ECoG Dual Context Network for Brain Machine Interfaces

• Published in: IEEE access Vol. 13; pp. 99252 - 99265
• Main Authors: Nagashima, Shunya, Kaneda, Kanta, Wada, Yuiga, Iida, Tsumugi, Taguchi, Misa, Hirata, Masayuki, Sugiura, Komei
• Format: Journal Article
• Language: English
• Published: Piscataway IEEE 2025; The Institute of Electrical and Electronics Engineers, Inc. (IEEE)

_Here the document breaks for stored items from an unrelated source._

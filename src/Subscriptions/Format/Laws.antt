-- ===== src/Subscriptions/Format/Laws.antt =====
-- src/common/subscription-manager.ts: what the assignments to the shared `levels` array do.
use mathlib.Core.Path.{fun_ext}
use mathlib.Core.Option
use mathlib.Core.Option.{some-injective}
use text.Mathlib.TextEquality.{eq_iff}
use vda_5050_lib_2_0_0_js.Prelude.{
  ℕ, zero, suc, ◌≡◌, refl, sym, ap, ◌∙◌, ◌≢◌, String, Option, none, some, Bool, String-Eq,
  Option-Eq, ℕ-Eq, ◌==◌, eqb, if◌then◌else◌, List, get_elem?, length, arith, All, Option-cases, inl,
  inr,
}
use vda_5050_lib_2_0_0_js.Subscriptions.Format.{
  Format, Placeholder, placeholder, index_of, index, set, assign, fill, level_at,
}

get_elem?-set :
    (xs : List String) (i j : ℕ) (v : String)
    → get_elem? (set xs i v) j
      ≡ (elim (get_elem? xs j) [ none ↦ none | some w ↦ if◌then◌else◌ (eqb i j) (some v) (some w) ])
get_elem?-set List.[] i j v = refl
get_elem?-set (List.◌∷◌ x xs) zero zero v = refl
get_elem?-set (List.◌∷◌ x xs) zero (suc j) v = ground arith
get_elem?-set (List.◌∷◌ x xs) (suc i) zero v = ground arith
get_elem?-set (List.◌∷◌ x xs) (suc i) (suc j) v = ground (arith, get_elem?-set xs i j v)

-- The index of a placeholder is a position where it stands.
index_of-eq-some :
    (p : String) (levels : List String) (i : ℕ)
    → index_of p levels ≡ some i
    → get_elem? levels i ≡ some p
unfolding index_of
index_of-eq-some p List.[] i h = cc
index_of-eq-some p (List.◌∷◌ l levels) zero h = ground (arith, eq_iff l p)
index_of-eq-some p (List.◌∷◌ l levels) (suc i) h = ground (arith, index_of-eq-some p levels i)

-- Two placeholders never share a position.
index_of_ne :
    (p q : String) (levels : List String) (i : ℕ)
    → p ≢ q
    → index_of p levels ≡ some i
    → index_of q levels ≢ some i
index_of_ne p q levels i h e k =
    h (some-injective p q (sym (index_of-eq-some p levels i e) ∙ index_of-eq-some q levels i k))

abbrev pub Apart : Option ℕ → Option ℕ → Type 0
Apart a b = (i : ℕ) → a ≡ some i → b ≢ some i

pub level_at-assign_self :
    (a : Option ℕ) (v : String) (levels : List String)
    → level_at (assign a v levels) a ≡ (elim (level_at levels a) [ none ↦ none | some w ↦ some v ])
unfolding assign
level_at-assign_self none v levels = refl
level_at-assign_self (some i) v levels = ground (arith, get_elem?-set levels i i v)

pub level_at-assign_ne :
    (a b : Option ℕ) (v : String) (levels : List String)
    → Apart a b
    → level_at (assign a v levels) b ≡ level_at levels b
unfolding assign
level_at-assign_ne none b v levels h = refl
level_at-assign_ne (some i) none v levels h = refl
level_at-assign_ne (some i) (some j) v levels h =
    ground (arith, get_elem?-set levels i j v, h i refl)

-- Where a placeholder occurs, the array has its text at its index.
pub level_at-index :
    (f : Format) (p : Placeholder)
    → level_at f.levels (index f p)
      ≡ (elim (index f p) [ none ↦ none | some i ↦ some (placeholder p) ])
unfolding index
level_at-index f p = elim (Option-cases (index f p)) [
  | inl e ↦ rw e refl
  | inr (i, e) ↦ rw e (index_of-eq-some (placeholder p) f.levels i e)
]

pub index-Apart :
    (f : Format) (p q : Placeholder) → placeholder p ≢ placeholder q → Apart (index f p) (index f q)
unfolding index
index-Apart f p q h i = index_of_ne (placeholder p) (placeholder q) f.levels i h

set-All :
    (P : String → Type 0) (levels : List String) (i : ℕ) (v : String)
    → All P levels
    → P v
    → All P (set levels i v)
set-All P List.[] i v h k = tt
set-All P (List.◌∷◌ x xs) zero v (_, h) k = (k, h)
set-All P (List.◌∷◌ x xs) (suc i) v (p, h) k = (p, set-All P xs i v h k)

pub assign-All :
    (P : String → Type 0) (a : Option ℕ) (v : String) (levels : List String)
    → All P levels
    → P v
    → All P (assign a v levels)
unfolding assign
assign-All P none v levels h k = h
assign-All P (some i) v levels h k = set-All P levels i v h k

length-set : (levels : List String) (i : ℕ) (v : String) → length (set levels i v) ≡ length levels
length-set List.[] i v = refl
length-set (List.◌∷◌ x xs) zero v = refl
length-set (List.◌∷◌ x xs) (suc i) v = ap suc (length-set xs i v)

pub length-assign :
    (a : Option ℕ) (v : String) (levels : List String) → length (assign a v levels) ≡ length levels
unfolding assign
length-assign none v levels = refl
length-assign (some i) v levels = length-set levels i v

abbrev overwrite : Bool → String → String → String
overwrite b v w = if b then v else w

get_elem?-assign :
    (a : Option ℕ) (v : String) (levels : List String) (j : ℕ)
    → get_elem? (assign a v levels) j ≡ Option.map (overwrite (a == some j) v) (get_elem? levels j)
unfolding assign
get_elem?-assign none v levels j = ground arith
get_elem?-assign (some i) v levels j = ground (arith, get_elem?-set levels i j v)

-- What stands at a position after the five assignments, in place of `w`.
written : Format → String → String → String → ℕ → String → String
written f m s t j w = overwrite (index f Placeholder.for_topic == some j) t (
    overwrite (index f Placeholder.for_serial_number == some j) s (
      overwrite (index f Placeholder.for_manufacturer == some j) m (
        overwrite (index f Placeholder.for_version == some j) f.version
          (overwrite (index f Placeholder.for_interface == some j) f.interface w))))

get_elem?-fill :
    (f : Format) (m s t : String) (levels : List String) (j : ℕ)
    → get_elem? (fill f m s t levels) j ≡ Option.map (written f m s t j) (get_elem? levels j)
unfolding fill written
get_elem?-fill f m s t levels j = simp (get_elem?-assign, Option.map-map)

written_twice :
    (f : Format) (m s t m' s' t' : String) (j : ℕ) (w : String)
    → written f m' s' t' j (written f m s t j w) ≡ written f m' s' t' j w
unfolding written
written_twice f m s t m' s' t' j w = ground arith

list_ext : (xs ys : List String) → ((j : ℕ) → get_elem? xs j ≡ get_elem? ys j) → xs ≡ ys
list_ext List.[] List.[] h = refl
list_ext List.[] (List.◌∷◌ y ys) h = cc (h 0)
list_ext (List.◌∷◌ x xs) List.[] h = cc (h 0)
list_ext (List.◌∷◌ x xs) (List.◌∷◌ y ys) h = cc (h 0, list_ext xs ys (λ j. h (suc j)))

-- An MQTT topic is filled in the same whatever an earlier call left in the shared array.
fill-fill :
    (f : Format) (m s t m' s' t' : String) (levels : List String)
    → fill f m' s' t' (fill f m s t levels) ≡ fill f m' s' t' levels
fill-fill f m s t m' s' t' levels = list_ext _ _ λ j.
    get_elem?-fill f m' s' t' (fill f m s t levels) j
    ∙ ap (Option.map (written f m' s' t' j)) (get_elem?-fill f m s t levels j)
    ∙ Option.map-map (written f m' s' t' j) (written f m s t j) (get_elem? levels j)
    ∙ ap (λ g. Option.map g (get_elem? levels j)) (fun_ext (written_twice f m s t m' s' t' j))
    ∙ sym (get_elem?-fill f m' s' t' levels j)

• Subjects: Accuracy; Amyotrophic lateral sclerosis; BMI; Brain modeling; Classification; Communication; Conformer; Context; Convolution; ECoG; Electroencephalography; Feature extraction; Grasping; Hands; Keyboards; Man-machine interfaces; Motors; Movement; Muscular dystrophy; retention; Speech; Support systems; Time series analysis; Transformers
• ISSN: 2169-3536; 2169-3536
• DOI: 10.1109/ACCESS.2025.3577407

Speech impairments in conditions such as amyotrophic lateral sclerosis (ALS) and muscular dystrophy significantly limit communication with patients, profoundly impacting their daily life and social participation. Communication support through decoding technology based on electrocorticography (ECoG) is thus critically important to assist the day-to-day communication of patients with speech impairments. This study proposes an electrocorticography (ECoG)-based communication support system to enhance communication for individuals with speech impairments, such as those caused by amyotrophic lateral sclerosis (ALS) or muscular dystrophy. In our system, we classify ECoG signals recorded during movement attempt tasks involving the upper limbs, such as hand grasping. This classification enables the control of a virtual keyboard, allowing for text-based communication. Specifically, predicted movement attempts are associated with keyboard functions, such as moving the cursor or pressing the select button. In this study, we propose the ECoG Dual Context Network (ECoG DCNet), designed to efficiently embed information between electrodes while preserving the length of temporal sequences to capture long-range dependencies. To validate our approach, we used a clinical dataset from a single paralyzed subject with ALS, focusing on the ECoG recorded during movement attempt tasks. The proposed method outperformed baseline methods in terms of classification accuracy. Notably, our method achieved an accuracy of 75.3%, outperforming the widely-used EEGNet by 30%. Moreover, Gradient-weighted Class Activation Mapping visualizations suggested that the proposed method focuses on features that could be neurophysiologically relevant.